Key Exclusion Criteria:
Exclusion Criteria for All cohorts:
- Females who are pregnant or lactating.
- Has had a prior anti-cancer monoclonal antibody (mAb) within 4 weeks prior to study
Day 1 or who has not recovered (i.e., ≤ Grade 1 or at baseline) from adverse events
due to agents administered more than 4 weeks earlier.
- Has an active second malignancy.
- Has known active Hepatitis B or Hepatitis C.
- Has other concurrent medical or psychiatric conditions.

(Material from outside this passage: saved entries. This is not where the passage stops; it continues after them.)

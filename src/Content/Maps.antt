-- ===== src/Content/Maps.antt =====
-- Maps from content IDs to infos, as repo/content/content_manager.go merges them.
use kopia.Prelude.{
  same_some, ◌<◌, ◌≡◌, refl, sym, ap, ◌∙◌, inl, inr, Bool, true, false, List, [], ◌∷◌, Option, none,
  some, arith, Bool-cases,
}
use kopia.Index.Builder.{lookup_info, put_info, same_id, add, add_all, content_info_greater_than}
use kopia.Index.Builder.Adding.{lookup_info-put_info, same_id-eq, same_id_refl, same_id_both}
use kopia.Index.ContentId.{ContentId}
use kopia.Index.Info.{Info}

-- no ID has two infos
abbrev pub NoDup : List Info → Type 0
NoDup [] = Unit
NoDup (i ∷ m) = (lookup_info m i.content_id ≡ none) × NoDup m

clash : (b : Bool) → b ≡ true → b ≡ false → ⊥
clash b h k = ground (arith, h, k)

pub same_id_sym : (i j : ContentId) → same_id i j ≡ false → same_id j i ≡ false
same_id_sym i j h = elim (Bool-cases (same_id j i)) [
  | inr e ↦ e
  | inl e ↦ absurd (
      clash (same_id i j)
        (same_id_both j i j (same_id_refl j) (rw (same_id-eq j i e) (same_id_refl i))) h)
]

-- an info that is found has the ID
pub lookup_info-same :
    (m : List Info) (id : ContentId) (i : Info)
    → lookup_info m id ≡ some i
    → same_id i.content_id id ≡ true
unfolding lookup_info
lookup_info-same [] id i e = absurd (ground (arith, e))
lookup_info-same (j ∷ m) id i e = elim (Bool-cases (same_id j.content_id id)) [
  | inl h ↦ let here : j ≡ i = same_some j i (rw h at e) in rw (← here) h
  | inr h ↦ lookup_info-same m id i (rw h at e)
]

pub put_info-NoDup : (m : List Info) (i : Info) → NoDup m → NoDup (put_info m i)
unfolding put_info lookup_info
put_info-NoDup [] i h = (refl, tt)
put_info-NoDup (j ∷ m) i h = elim (Bool-cases (same_id j.content_id i.content_id)) [
  | inl e ↦ rw e (rw (same_id-eq j.content_id i.content_id e) at h.0, h.1)
  | inr e ↦
      rw (e, lookup_info-put_info m i j.content_id, same_id_sym j.content_id i.content_id e)
        (h.0, put_info-NoDup m i h.1)
]

add-NoDup : (m : List Info) (i : Info) → NoDup m → NoDup (add m i)
unfolding add
add-NoDup m i h =
    elim (Bool-cases (content_info_greater_than (some i) (lookup_info m i.content_id))) [
      | inl e ↦ rw e (put_info-NoDup m i h)
      | inr e ↦ rw e h
    ]

pub add_all-NoDup : (m is : List Info) → NoDup m → NoDup (add_all m is)
unfolding add_all
add_all-NoDup m [] h = h
add_all-NoDup m (i ∷ is) h = add_all-NoDup (add m i) is (add-NoDup m i h)

-- another ID is left alone
lookup_info-add_ne :
    (m : List Info) (i : Info) (id : ContentId)
    → same_id i.content_id id ≡ false
    → lookup_info (add m i) id ≡ lookup_info m id
unfolding add
lookup_info-add_ne m i id h =
    elim (Bool-cases (content_info_greater_than (some i) (lookup_info m i.content_id))) [
      | inl e ↦ rw (e, lookup_info-put_info m i id, h) refl
      | inr e ↦ rw e refl
    ]

-- An info is newer than what there is.
abbrev pub Newer : Info → Option Info → Type 0
Newer i none = Unit
Newer i (some j) = j.timestamp_seconds < i.timestamp_seconds

pub Newer-greater :
    (i : Info) (o : Option Info) → Newer i o → content_info_greater_than (some i) o ≡ true
Newer-greater i none h = refl
Newer-greater i (some j) h = ground (arith, h)

lookup_info-add-Newer :
    (m : List Info) (i : Info) (id : ContentId)
    → same_id i.content_id id ≡ true
    → Newer i (lookup_info m id)
    → lookup_info (add m i) id ≡ some i
unfolding add
lookup_info-add-Newer m i id h n =
    let same : lookup_info m i.content_id ≡ lookup_info m id =
      ap (lookup_info m) (same_id-eq i.content_id id h) in
    rw (same, Newer-greater i (lookup_info m id) n, lookup_info-put_info m i id, h) refl

-- What is added to a map is found in it.
pub lookup_info-add_all-none :
    (m is : List Info) (id : ContentId)
    → lookup_info is id ≡ none
    → lookup_info (add_all m is) id ≡ lookup_info m id
unfolding add_all lookup_info
lookup_info-add_all-none m [] id e = refl
lookup_info-add_all-none m (i ∷ is) id e = elim (Bool-cases (same_id i.content_id id)) [
  | inl h ↦ absurd (ground (arith, h, e))
  | inr h ↦ lookup_info-add_all-none (add m i) is id (rw h at e) ∙ lookup_info-add_ne m i id h
]

pub lookup_info-add_all-some :
    (m is : List Info) (id : ContentId) (i : Info)
    → NoDup is
    → lookup_info is id ≡ some i
    → Newer i (lookup_info m id)
    → lookup_info (add_all m is) id ≡ some i
unfolding add_all lookup_info
lookup_info-add_all-some m [] id i d e n = absurd (ground (arith, e))
lookup_info-add_all-some m (j ∷ is) id i d e n = elim (Bool-cases (same_id j.content_id id)) [
  | inl h ↦
      let here : j ≡ i = same_some j i (rw h at e) in
      let rest : lookup_info is id ≡ none =
        sym (ap (lookup_info is) (same_id-eq j.content_id id h)) ∙ d.0 in
      lookup_info-add_all-none (add m j) is id rest
      ∙ (lookup_info-add-Newer m j id h (rw (here) n) ∙ ap some here)
  | inr h ↦
      let before = lookup_info-add_ne m j id h in
      lookup_info-add_all-some (add m j) is id i d.1 (rw h at e) (rw before n)
]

- Has known active central nervous system (CNS) metastases and/or carcinomatous
meningitis.
- Has an active second malignancy.
Additional Exclusion Criteria for Cohorts 1 to 6:
- For Cohort 5: Alopecia, sensory neuropathy Grade ≤2 is acceptable, or other Grade <<
2 adverse events not constituting a safety risk based on the investigator's judgment
are acceptable.
- Cohort 3: Has received anti-PD-1/PD-L1 therapy previously.

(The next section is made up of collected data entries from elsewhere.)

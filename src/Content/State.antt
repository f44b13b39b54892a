-- ===== src/Content/State.antt =====
-- The state of the WriteManager of repo/content/content_manager.go, and what it relies on. Operations run
-- one after the other: no pack is being written by another goroutine when one starts, and none waits.
use kopia.Prelude.{
  ℕ, ◌+◌, Bool, List, [], ◌∷◌, Option, none, some, Result, ltb, if◌then◌else◌, bytes_equal,
}
use kopia.Index.Builder.{lookup_info}
use kopia.Index.ContentId.{ContentId, IdError, has_prefix}
use kopia.Index.Info.{Info}

-- PackBlobIDPrefixRegular and PackBlobIDPrefixSpecial
pub data PackPrefix : Type 0 where
  regular special : PackPrefix

-- pendingPackInfo; the map currentPackItems is the list of its infos
pub record PendingPack : Type 0 where
  pub prefix : PackPrefix
  pub pack_blob_id : List ℕ
  pub current_pack_items : List Info
  pub current_pack_data : List ℕ
  pub finalized : Bool

-- format.MutableParameters, what the manager uses of them
pub record MutableParameters : Type 0 where
  pub version : ℕ
  pub max_pack_size : ℕ

-- What surrounds the manager: the repository format, encryption, storage with its cache, the clock, random
-- numbers, and the indexes that are committed. W is the world outside.
pub record Environment (W E : Type 0) : Type 0 where
  -- format.GetMutableParameters
  pub mutable_parameters : W → Result E MutableParameters
  -- timeNow(), in nanoseconds
  pub time_now : W → ℕ
  -- hashData
  pub hash_data : List ℕ → List ℕ
  pub invalid_id : IdError → E
  -- maybeCompressAndEncryptDataForPacking: the bytes and the compression that was applied
  pub encode : MutableParameters → List ℕ → ContentId → ℕ → Result E (List ℕ × ℕ)
  -- decryptContentAndVerify
  pub decode : List ℕ → Info → Result E (List ℕ)
  -- the ID of a new pack and its preamble
  pub new_pack : PackPrefix → W → Result E (List ℕ × List ℕ) × W
  -- padding and appendPackFileIndexRecoveryData: the data, also after an error
  pub finish_pack : List Info → List ℕ → Option E × List ℕ
  -- PutBlob
  pub put_blob : List ℕ → List ℕ → W → Option E × W
  -- GetContent of the content caches
  pub read_content : Info → W → Result E (List ℕ)
  -- maybeRefreshIndexes
  pub refresh : W → Option E × W
  -- committedContents.getContent
  pub get_committed : W → ContentId → Result E Info
  -- BuildShards, writeIndexBlobs, commitSession and addIndexBlob
  pub commit_index : List Info → W → Option E × W

-- WriteManager; the map pendingPacks has two keys.
pub record Manager (W : Type 0) : Type 0 where
  pub world : W
  pub revision : ℕ
  pub flushing : Bool
  pub pending_packs : PackPrefix → Option PendingPack
  pub writing_packs : List PendingPack
  pub failed_packs : List PendingPack
  pub pack_index_builder : List Info
  pub disable_index_flush_count : ℕ
  pub flush_pack_indexes_after : ℕ

-- `pendingPacks[k] = p`, or delete
abbrev pub update :
    (PackPrefix → Option PendingPack)
    → PackPrefix
    → Option PendingPack
    → PackPrefix
    → Option PendingPack
update f PackPrefix.regular p PackPrefix.regular = p
update f PackPrefix.special p PackPrefix.special = p
update f PackPrefix.regular p PackPrefix.special = f PackPrefix.special
update f PackPrefix.special p PackPrefix.regular = f PackPrefix.regular

abbrev pub set_pending : {W : Type 0} → Manager W → PackPrefix → Option PendingPack → Manager W
set_pending s k p = record s { pending_packs = update s.pending_packs k p }

-- packPrefixForContentID
unfoldable pub pack_prefix_for_content_id : ContentId → PackPrefix
pack_prefix_for_content_id id = if has_prefix id then PackPrefix.special else PackPrefix.regular

-- flushPackIndexTimeout, 10 minutes
abbrev pub flush_pack_index_timeout : ℕ
flush_pack_index_timeout = 600000000000

-- `pp.currentPackItems[contentID]`
abbrev pub in_pack : Option PendingPack → ContentId → Option Info
in_pack none id = none
in_pack (some pp) id = lookup_info pp.current_pack_items id

-- the first pack with the content
abbrev pub or_else : {A : Type 0} → Option A → Option A → Option A
or_else none b = b
or_else (some a) b = some a

abbrev pub with_pack : Option PendingPack → Option Info → Option (Option PendingPack × Info)
with_pack pp none = none
with_pack pp (some i) = some (pp, i)

unfoldable pub in_packs : List PendingPack → ContentId → Option (Option PendingPack × Info)
in_packs [] id = none
in_packs (pp ∷ ps) id = or_else (with_pack (some pp) (in_pack (some pp) id)) (in_packs ps id)

-- getOverlayContentInfoReadLocked
unfoldable pub get_overlay_content_info :
    {W : Type 0} → Manager W → ContentId → Option (Option PendingPack × Info)
unfolding in_packs
get_overlay_content_info s id =
    or_else
      (with_pack (s.pending_packs PackPrefix.regular)
        (in_pack (s.pending_packs PackPrefix.regular) id))
      (or_else
        (with_pack (s.pending_packs PackPrefix.special)
          (in_pack (s.pending_packs PackPrefix.special) id))
        (or_else (in_packs s.writing_packs id)
          (with_pack none (lookup_info s.pack_index_builder id))))

-- removePendingPack; a pack is known by its ID
unfoldable pub remove_pending_pack : List PendingPack → PendingPack → List PendingPack
remove_pending_pack [] pp = []
remove_pending_pack (p ∷ ps) pp =
    let rest = remove_pending_pack ps pp in
    if bytes_equal p.pack_blob_id pp.pack_blob_id then rest else p ∷ rest

-- contentWriteTime; `none` is -1
unfoldable pub content_write_time : ℕ → Option ℕ → ℕ
content_write_time t none = t
content_write_time t (some previous) = if ltb previous t then t else previous + 1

- Cohorts 3 to 6: Has an active autoimmune disease that required systemic treatment in
past 2 years (ie, with use of disease-modifying agents, corticosteroids, or
immunosuppressive drugs). Replacement therapy (eg, thyroxine, insulin, or
physiologic corticosteroid replacement therapy for adrenal or pituitary
insufficiency) is not considered a form of systemic treatment.
- Cohorts 3 to 6: Has received a live vaccine within 30 days prior to the first dose
of study drug(s), has history or evidence of interstitial lung disease (ILD) or
non-infectious pneumonitis.
- Cohort 4: Refractory to platinum (i.e., relapsed ≤ 12 months after completion of
chemotherapy) in the neoadjuvant/adjuvant setting.

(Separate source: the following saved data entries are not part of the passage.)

-- ===== src/Content/Pending.antt =====
-- The map pendingPacks of repo/content/content_manager.go, after a pack is set.
use mathlib.Core.Path.{fun_ext}
use kopia.Prelude.{◌≡◌, refl, sym, Option}
use kopia.Content.State.{PackPrefix, PendingPack, update}

pub update-same :
    (f : PackPrefix → Option PendingPack) (k : PackPrefix) (p : Option PendingPack)
    → f k ≡ p
    → update f k p ≡ f
update-same f k p e = fun_ext (λ j. at_each f k j p e)
  where
    at_each :
        (f : PackPrefix → Option PendingPack) (k j : PackPrefix) (p : Option PendingPack)
        → f k ≡ p
        → update f k p j ≡ f j
    at_each f PackPrefix.regular PackPrefix.regular p e = sym e
    at_each f PackPrefix.special PackPrefix.special p e = sym e
    at_each f PackPrefix.regular PackPrefix.special p e = refl
    at_each f PackPrefix.special PackPrefix.regular p e = refl

-- a predicate of each pending pack, after one is replaced
pub each :
    (P : PackPrefix → Option PendingPack → Type 0) (k j : PackPrefix)
    (f : PackPrefix → Option PendingPack) (o : Option PendingPack)
    → P k o
    → P j (f j)
    → P j (update f k o j)
each P PackPrefix.regular PackPrefix.regular f o a b = a
each P PackPrefix.special PackPrefix.special f o a b = a
each P PackPrefix.regular PackPrefix.special f o a b = b
each P PackPrefix.special PackPrefix.regular f o a b = b

pub each_other :
    (P : Option PendingPack → Option PendingPack → Type 0) (k j : PackPrefix)
    (f : PackPrefix → Option PendingPack) (o : Option PendingPack)
    → P (f k) o
    → ((p : Option PendingPack) → P p p)
    → P (f j) (update f k o j)
each_other P PackPrefix.regular PackPrefix.regular f o a b = a
each_other P PackPrefix.special PackPrefix.special f o a b = a
each_other P PackPrefix.regular PackPrefix.special f o a b = b (f PackPrefix.special)
each_other P PackPrefix.special PackPrefix.regular f o a b = b (f PackPrefix.regular)

pub at_own :
    (f : PackPrefix → Option PendingPack) (k : PackPrefix) (o : Option PendingPack)
    → update f k o k ≡ o
at_own f PackPrefix.regular o = refl
at_own f PackPrefix.special o = refl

- Cohorts 4, 5, and 6: For individuals who received prior CPI, a treatment-free
interval >12 months between the last treatment administration and the date of
recurrence is required.
Additional Exclusion Criteria for Cohort 7:
- Have had a prior anticancer therapy within 12 months prior to C1D1 or prior
radiation therapy within 2 weeks prior to C1D1. Individuals participating in
observational studies are eligible. Use of other investigational drugs (drugs not
marketed for any indication) within 28 days or 5 half-lives (whichever is longer) of
first dose of investigational product.
- Have a history of idiopathic pulmonary fibrosis, organizing pneumonia, drug-induced
pneumonitis, idiopathic pneumonitis, or evidence of active pneumonitis on screening
chest CT scan.
- Have a Child-Pugh score of B or C.
- Individuals with uncontrolled diabetes.
- Have active keratitis or corneal ulcerations.
- Participants with ongoing sensory or motor neuropathy Grade ≥ 2.
Note: Other protocol defined Inclusion/Exclusion criteria may apply.